I have 2 nice pieces of drift wood that floats. How do I get them to sink? Could there be too much solid wood? :-(


----------



## Calmwaters (Sep 2, 2009)

How long have you had them in the water? What kind of driftwood is it? Some types have to soak for a while to get water logged before it will sink. You could try weighting it down with an aguarium safe rock.


----------



## MoneyMitch (Aug 3, 2009)

sorry but i had to laugh at the name of the thread...... anyways wood by nature floats untill its waterlogged then itll sink. wood is porous and in those pores there is air. when you drop it immediately into your tank that air is still trapped so it floats. and just a little advice boil you wood for about 15 minutes to avoid any headache down the road. just throw it in a bucket put a rock on it and let it set for about a week if your not gonna boil it. Money


----------



## ChristinaRoss (Sep 4, 2009)

i had to boil my driftwood for hours to finally get it to sink and that was after soaking it and changing th water daily for 2 weeks, believe me BOIL IT itll sink much faster AND get all the tannins outso your tank wont turn brown. boil it and change the water about every hour and keep doin that until the water is clear. itll then sink and stay crystal clear in your tank with no brown tannins in your water

hope that helps


----------



## MoneyMitch (Aug 3, 2009)

ChristinaRoss said:


> i had to boil my driftwood for hours to finally get it to sink and that was after soaking it and changing th water daily for 2 weeks, believe me BOIL IT itll sink much faster AND get all the tannins outso your tank wont turn brown. boil it and change the water about every hour and keep doin that until the water is clear. itll then sink and stay crystal clear in your tank with no brown tannins in your water
> 
> hope that helps



do water changes everyu hour on his tank?!?!?!?!?!?! dude what are you talking about you should NEVER DO THAT EVER!!!!!!!! if you follow his advice of putting it in ur tank and doing water changes every hr your gunna have some stressed fish DO NOT DO IT!!!! just boil it then drop it in ur tank and presto your good to go.


----------



## volkspider (Aug 25, 2009)

MoneyMitch said:


> do water changes everyu hour on his tank?!?!?!?!?!?! dude what are you talking about you should NEVER DO THAT EVER!!!!!!!! if you follow his advice of putting it in ur tank and doing water changes every hr your gunna have some stressed fish DO NOT DO IT!!!! just boil it then drop it in ur tank and presto your good to go.

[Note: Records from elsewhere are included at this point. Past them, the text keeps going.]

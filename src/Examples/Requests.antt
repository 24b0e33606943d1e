-- ===== src/Examples/Requests.antt =====
-- core/request: examples of a request that is started, executed, delivered, removed and recovered.
use codex_link_clawbot.Prelude.{ok, err, ◌≡◌, refl, true, false, none, some, [], ◌∷◌}
use codex_link_clawbot.Text.{
  Text, text, text_eq, is_empty, len, valid_utf8, is_space, trim_left, trim_right, trim_space,
  contains_rune, contains_any, is_lower, is_digit, is_hex, after_prefix, has_prefix, is_task_id,
  is_safe_id, is_reason, is_sha256, valid_single_line, valid_attachment_name, split_path,
  is_plain_segment, is_clean_below,
}
use codex_link_clawbot.Map.{lookup, insert, delete, contains}
use codex_link_clawbot.Presentation.{valid_mode, valid_style, mode_eq, style_eq, normalize_style}
use codex_link_clawbot.Request.Types.{
  state_eq, valid_state, terminal, valid_outcome, is_pending, is_delivered,
  reason_delivery_ambiguous, reason_result_freeze_failed, succeeded, failed, cancelled, Task,
  DeliveryOutcome, ambiguous, DeliveryReceipt, Result, session_busy, storage_failed,
}
use codex_link_clawbot.Request.Valid.{
  is_some, present_and_bad, bad_owner, bad_content, bad_input_attachment, validate_start_input,
  bad_identity, bad_project, bad_display, bad_state, bad_target, bad_completion, inconsistent,
  bad_retention, bad_retry, bad_attachments, phase_error, validate_task, bad_stored_attachment,
  scan_attachments, validate_request, validate_receipt, bad_artifact, scan_artifacts, bad_url,
  scan_attempts, validate_result,
}
use codex_link_clawbot.Request.Index.{
  session_key, is_active, member, scan_task, scan_tasks, scan_owners, scan_cleared, scan_rejected,
  validate_index, find_task, replace_task, find_task_locked, find_source_in, find_by_source_locked,
  find, find_by_source, active_task,
}
use codex_link_clawbot.Request.Storage.{
  delete_missing, is_changed, put_changed, write_delta, cascade, insert_tasks, insert_owners,
  snapshot_index, write_index, no_extra, save_locked, update_tables, Store,
}
use codex_link_clawbot.Request.Retention.{
  has_payload, all_tasks, payload_bytes_locked, result_reservation, result_bytes_locked,
  result_size, input_payload_bytes, ids_where, delete_all, expire_rows, is_stale, sweep_receipts,
  is_history_over, kept_tasks, sweep_owners, cleanup,
}
use codex_link_clawbot.Request.Admission.{
  save_input, trim_input, reject_locked, session_holder, new_task, with_new_task, admit,
  refuse_busy, start_swept, start,
}
use codex_link_clawbot.Request.Lifecycle.{
  allowed_transition, terminal_stage, stage_result_pending, settle, may_move, enter, commit_tasks,
  locate, transition_locked, update_task_locked, set_stage, update_stage, set_thread, attach_thread,
  set_usage, attach_usage, set_turn, attach_turn, finish, Settled,
}
use codex_link_clawbot.Request.Release.{
  release, was_cleared, earlier, next_expiry_of, capacity_of, count_state, status, execution_status,
}
use codex_link_clawbot.Request.Delivery.{
  save_receipts, read_result, load_result, load_result_of, inspect_result, complete_at,
  put_completion, complete_execution, load_completion, freeze_artifacts, set_frozen, save_result,
  frozen_result, build_result, freeze_result, begin_delivery, FreezeResultInput,
}
use codex_link_clawbot.Request.Receipts.{
  replace_attempt, note_receipt, record_delivery, has_attempt, begin_redelivery,
}
use codex_link_clawbot.Request.Recovery.{
  recover_receipt, recover_completion, end_at, settle_receipt, recover_active,
  validate_payload_root, recover_task, recover_tasks, recover_owners, recover,
}
use codex_link_clawbot.Examples.{
  world_at, first_id, second_id, first_input, second_input, payload_of, staging_of, empty_index,
  empty_store, first_task, started_store,
}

I think he meant changing the water the driftwood was soaking in (i.e., in some separate vessel; _not_ the water in the aquarium).


----------



## ChristinaRoss (Sep 4, 2009)

yes as i stated, boil it, and as you BOIL it keep changing the water, you can put driftwood in a tank unboiled and the tannins will leech out, but the brown water(tannins) wont hurt the fish, it just doesnt look too appealing IMO


----------



## MoneyMitch (Aug 3, 2009)

opps sry guys thats what i get for trollin the forums under the influence lol


----------